Stored items
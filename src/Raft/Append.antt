-- ===== src/Raft/Append.antt =====
-- The replication methods of `RaftNode` in src/raft/state.rs.
use nutdb.Prelude.{
  ℕ, zero, suc, ◌+◌, ◌-◌, ◌*◌, Bool, true, false, not, ◌&&◌, ◌||◌, Option, none, some, List, [],
  ◌∷◌, ◌++◌, ltb, leb, ◌==◌, if◌then◌else◌, length, take, get_elem?, min,
}
use nutdb.Prelude.Io.{ErrorKind}
use nutdb.Prelude.Exec.{Exec, pure, ◌>>◌}
use nutdb.Prelude.Order.{same, bytes_order}
use nutdb.Bytes.{Bytes}
use nutdb.Raft.Rpc.{Entry, AppendEntries, AppendResponse}
use nutdb.Raft.Node.{Role, RaftNode, last_log_index, persist, persist_if, modify, raft_error}

unfoldable pub same_entry : Entry → Entry → Bool
same_entry e f = (e.term == f.term) && same ⦃o = bytes_order⦄ e.command f.command

unfoldable pub merge_entry : ℕ → Entry → List Entry → Bool → List Entry × Bool
unfolding same_entry
merge_entry index incoming log changed = elim (get_elem? log index) [
  | some e ↦
      if same_entry e incoming then (log, changed) else (take index log ++ incoming ∷ [], true)
  | none ↦ (log ++ incoming ∷ [], true)
]

-- The loop over the entries of the request, from `index` on, with `persistent_changed`.
unfoldable pub merge_entries : ℕ → List Entry → List Entry × Bool → List Entry × Bool
merge_entries index [] merged = merged
merge_entries index (incoming ∷ es) (log, changed) =
    merge_entries (suc index) es (merge_entry index incoming log changed)

unfoldable pub cut : ℕ → List Entry × Bool → List Entry × Bool
cut index (log, changed) = if ltb index (length log) then (take index log, true) else (log, changed)

unfoldable pub term_differs : ℕ → Option Entry → Bool
term_differs term none = false
term_differs term (some e) = not (e.term == term)

unfoldable pub prev_mismatch : AppendEntries → RaftNode → Bool
unfolding last_log_index term_differs
prev_mismatch request node =
    ltb (last_log_index node) request.prev_log_index
    || ltb 0 request.prev_log_index
      && term_differs request.prev_log_term (get_elem? node.log (request.prev_log_index - 1))

unfoldable pub reject_append : Bool → Exec RaftNode AppendResponse
unfolding last_log_index
reject_append changed node =
    (do
      persist_if changed
      pure
          (record { term = node.current_term; success = false; match_index = last_log_index node }))
      node

unfoldable pub raise_commit : ℕ → RaftNode → RaftNode
unfolding last_log_index
raise_commit leader_commit node =
    if ltb node.commit_index leader_commit
    then record node { commit_index = min leader_commit (last_log_index node) }
    else node

-- `prev_log_index` matched: the entries are taken over.
unfoldable pub accept_append : AppendEntries → Bool → Exec RaftNode AppendResponse
accept_append request changed node =
    let merged =
      cut (request.prev_log_index + length request.entries)
        (merge_entries request.prev_log_index request.entries (node.log, changed)) in
    (do
      persist_if merged.1
      modify (raise_commit request.leader_commit)
      pure (record {
        term = node.current_term;
        success = true;
        match_index = request.prev_log_index + length request.entries;
      }))
      (record node { log = merged.0 })

unfoldable pub follow : AppendEntries → RaftNode → RaftNode
follow request node = record node { role = Role.follower; leader_id = some request.leader_id }

unfoldable pub append_in_term : AppendEntries → Bool → Exec RaftNode AppendResponse
append_in_term request changed node =
    let next = follow request node in
    if prev_mismatch request next
    then reject_append changed next
    else accept_append request changed next

unfoldable pub append_entries : AppendEntries → Exec RaftNode AppendResponse
append_entries request node =
    if ltb request.term node.current_term
    then reject_append false node
    else if ltb node.current_term request.term
    then append_in_term request true (record node { current_term = request.term; voted_for = none })
    else append_in_term request false node

unfoldable pub is_leader : Role → Bool
is_leader Role.leader = true
is_leader Role.candidate = false
is_leader Role.follower = false

unfoldable pub append_as_leader : Bytes → Exec RaftNode ℕ
append_as_leader command node =
    if is_leader node.role
    then (let entry : Entry = record { term = node.current_term; command = command } in
        let next : RaftNode = record node { log = node.log ++ entry ∷ [] } in
        (do persist; pure (last_log_index next)) next)
    else raft_error ErrorKind.other "raft: not leader" node

-- `replicated.iter().filter(|index| **index >= candidate).count()`
unfoldable pub count_from : ℕ → List ℕ → ℕ
count_from bound [] = 0
count_from bound (index ∷ indices) =
    let rest = count_from bound indices in if leb bound index then suc rest else rest

unfoldable pub has_majority : List ℕ → ℕ → Bool
has_majority replicated bound = ltb (length replicated + 1) ((1 + count_from bound replicated) * 2)

unfoldable pub has_term : ℕ → Option Entry → Bool
has_term term none = false
has_term term (some e) = e.term == term

-- The candidates from `bound` down to the one above the commit index.
unfoldable pub find_commit : List ℕ → RaftNode → ℕ → ℕ
unfolding has_majority has_term
find_commit replicated node zero = node.commit_index
find_commit replicated node (suc index) =
    let below = find_commit replicated node index in
    if leb (suc index) node.commit_index
    then node.commit_index
    else if has_majority replicated (suc index)
        && has_term node.current_term (get_elem? node.log index)
    then suc index
    else below

unfoldable pub advance_commit : List ℕ → RaftNode → RaftNode
advance_commit replicated node =
    if is_leader node.role
    then record node { commit_index = find_commit replicated node (last_log_index node) }
    else node

-- The entries that `take_applied` collects; none stands for the panic on a missing index.
unfoldable pub take_entries : ℕ → ℕ → List Entry → Option (List Entry)
take_entries zero index log = some []
take_entries (suc count) index log = elim (get_elem? log index) [
  | none ↦ none
  | some e ↦ elim (take_entries count (suc index) log) [ none ↦ none | some es ↦ some (e ∷ es) ]
]

unfoldable pub take_applied : RaftNode → Option (List Entry × RaftNode)
take_applied node =
    if ltb node.last_applied node.commit_index
    then elim (take_entries (node.commit_index - node.last_applied) node.last_applied node.log) [
      | none ↦ none
      | some es ↦ some (es, record node { last_applied = node.commit_index })
    ]
    else some ([], node)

## YOUR OBJECTIVE
Please give again the lines above between the line holding "unfoldable pub count_from : ℕ → List ℕ → ℕ" and the line holding "unfoldable pub has_majority", inclusive, exactly as they are and with nothing added.

## TASK RESULT
unfoldable pub count_from : ℕ → List ℕ → ℕ
count_from bound [] = 0
count_from bound (index ∷ indices) =
    let rest = count_from bound indices in if leb bound index then suc rest else rest

unfoldable pub has_majority : List ℕ → ℕ → Bool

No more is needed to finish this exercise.